Crain’s Detroit Business - July 18 2022
Most physicians and dentists are familiar with contracting to be a part of a third-party payer’s network. This usually means increased patient flow (from the patients enrolled in the payer’s plan(s)) and fee discounts.
There are entities without a heath or dental plan in the market forming physician and dentist networks. These entities “lease” the network to plans that do not have a network of their own or that wish to expand their network of physicians or dentists without recruiting them individually.
Unlike any other provider of goods or services, physicians and dentists often do not know what they will be paid for their services until the payment is received. Third party payers are reluctant to make their fee schedules known and physicians and dentists routinely go in blind, assuming increased patient volume and ease of payment will make up for the unknown fee discounts. This approach can be problematic when contracting with a network leasing company.
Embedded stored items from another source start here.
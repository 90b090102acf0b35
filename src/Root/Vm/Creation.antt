-- ===== src/Root/Vm/Creation.antt =====
-- `vm create` without --skip-kickstart-build.
use mathlib.Core.Path.{subst}
use proxclt.Base.{
  sym, ◌∙◌, Str, Bool, true, false, ◌≡◌, ◌≢◌, refl, ap, not, ◌&&◌, if◌then◌else◌, List, [], ◌∷◌,
  ◌++◌, ok, ok-injective,
}
use proxclt.World.{Event, Host, Action, return, outcome, ◌>>=◌, ◌>>◌, proceed-ok, >>=-ne-ok, within}
use proxclt.Workflow.Options.{SingleVm, Target, resolve}
use proxclt.Workflow.Plan.{
  Change, plan, changes, check_absent, kickstart_changes, build_changes, build_iso,
}
use proxclt.Workflow.Apply.{
  Locals, clean_up, apply, apply_all, apply_change, execute, apply_build, up, warning, verify,
}
use proxclt.Workflow.Finalize.{finalize}
use proxclt.Root.Process.{Process, load_env_manifest, load_proxmox_client}
use proxclt.Root.Vm.{creation, vm_create}

module _ (w : SingleVm) (no_builder : w.has_builder ≡ false) (real : w.dry_run ≡ false) where
  -- The change that builds the ISO fails.
  build-fails :
      (t : Target) (l : Locals) (ch : Change) (host : Host) (hist : List Event) {m : Locals}
      → ch.kind ≡ build_iso
      → outcome (apply_change w t l ch host hist) ≢ ok m
  unfolding apply_change execute apply_build
  build-fails t l ch host hist k h = let bad = rw (real, k, no_builder) at h in cc bad

  changes-fail :
      (t : Target) (l : Locals) (first second : Change) (rest : List Change) (host : Host)
      (hist : List Event) {m : Locals}
      → second.kind ≡ build_iso
      → outcome (apply_all w t l (first ∷ second ∷ rest) host hist) ≢ ok m
  unfolding apply_all
  changes-fail t l first second rest host hist k =
      >>=-ne-ok (apply_change w t l first) (λ m. apply_all w t m (second ∷ rest)) host hist
        (λ m next e.
          >>=-ne-ok (apply_change w t m second) (λ n. apply_all w t n rest) host next
            (λ n later f _. build-fails t m second host next k (ap outcome f)))

  apply-fails :
      (t : Target) (first second : Change) (rest : List Change) (host : Host) (hist : List Event)
      → resolve w ≡ ok t
      → second.kind ≡ build_iso
      → outcome (apply w (first ∷ second ∷ rest) host hist) ≢ ok tt
  unfolding apply
  apply-fails t first second rest host hist found k = rw found (
      >>=-ne-ok (apply_all w t (record { rendered_ks = []; iso_path = [] }) (first ∷ second ∷ rest))
        clean_up host hist
        (λ l next e _.
          changes-fail t (record { rendered_ks = []; iso_path = [] }) first second rest host hist k
            (ap outcome e)))

  plan-changes :
      (host : Host) (hist next : List Event) (chs : List Change)
      → plan w host hist ≡ (ok chs, next)
      → (t : Target) × (resolve w ≡ ok t) × (changes w t ≡ chs)
  unfolding plan
  plan-changes host hist next chs h =
      let (t, n1, e, g) =
        proceed-ok (λ t. check_absent w t >> return (ok (changes w t))) host (resolve w, hist) h in
      let (u, n2, f, last) =
        proceed-ok (λ u. return (ok (changes w t))) host (check_absent w t host n1) g in
      (t, ap outcome e, ok-injective (ap outcome last))

  -- What Up does after the changes.
  abbrev after_apply : Action (Unit {0})
  after_apply = do
    warning (verify w)
    if not w.skip_finalize && not w.dry_run
        then within "finalize: %w" [] (finalize w)
        else return (ok tt)

  changes-build :
      (t : Target) (skip : Bool) (r q : List Change)
      → skip ≡ false
      → (first : Change) × (second : Change) × (rest : List Change) × (second.kind ≡ build_iso)
        × ((kickstart_changes skip w.node_name t ++ r) ++ q ≡ first ∷ second ∷ rest)
  unfolding kickstart_changes build_changes
  changes-build t true r q h = absurd (cc h)
  changes-build t false r q h = (_, _, _, refl, refl)

  up-fails :
      w.skip_kickstart_build ≡ false
      → (host : Host) (hist : List Event) → outcome (up w host hist) ≢ ok tt
  unfolding up changes
  up-fails build host hist =
      >>=-ne-ok (plan w) (λ chs. apply w chs >> after_apply) host hist
        (λ chs next e.
          let (t, found, planned) = plan-changes host hist next chs e in
          let (first, second, rest, kind, listed) =
            changes-build t w.skip_kickstart_build _ _ build in
          >>=-ne-ok (apply w chs) (λ u. after_apply) host next
            (λ u later f _. apply-fails t first second rest host next found kind (
              subst (λ z. outcome (apply w z host next) ≡ ok tt) (sym planned ∙ listed)
                (ap outcome f))))

-- Without --skip-kickstart-build, `vm create` succeeds for no node, whatever the manifest, the process and
-- the answers of the server: its workflow has no ISO builder, and its changes include the build of an ISO.
pub vm_create-fails :
    (p : Process) (name : Str) (host : Host) (hist : List Event)
    → outcome (vm_create p name false host hist) ≢ ok tt
unfolding vm_create
vm_create-fails p name host hist =
    >>=-ne-ok (return (load_env_manifest p []))
      (λ env.
        return (load_proxmox_client p)
        >>= (λ client. return p.renderer >> up (creation env name false)))
      host hist
      (λ env h1 e1.
        >>=-ne-ok (return (load_proxmox_client p))
          (λ client. return p.renderer >> up (creation env name false)) host h1
          (λ client h2 e2.
            >>=-ne-ok (return p.renderer) (λ u. up (creation env name false)) host h2
              (λ u h3 e3. up-fails (creation env name false) refl refl refl host h3)))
A network leasing entity usually has contracted with multiple insurers or plans. A physician or dentist in a leasing company’s network may have also directly contracted with some of these insurers/plans. This results in difficulty determining the fee.
What is a physician paid for a procedure when: (a) the network leasing company has it on its fee schedule at $750; (b) the patient’s health plan that the physician also directly contracts with has it on its fee schedule at $850 and (c) another health plan that the leasing company contracts with has agreed to pay $675 for this procedure? Does the physician’s leasing company fee schedule control? Does the physician’s direct contract/fee schedule with the health plan control? Or is it the lowest of all the fee schedule amounts of the plans the leasing company contracts with that is to be paid?
It could be any one of these amounts depending on the terms and conditions contained in the contract with the network leasing entity and any network agreements the physician has entered with health plans and other third-party payers. Often these terms and conditions will conflict or there will be no terms or conditions clearly describing in advance which agreement/fee schedule controls.
Prior to entering into a network leasing agreement, physicians and dentists should carefully review its terms, insist on receiving a fee schedule and understand how their fee will be determined when there are conflicting amounts.
This article first appeared in the July 18, 2022 edition of Crain’s Detroit Business.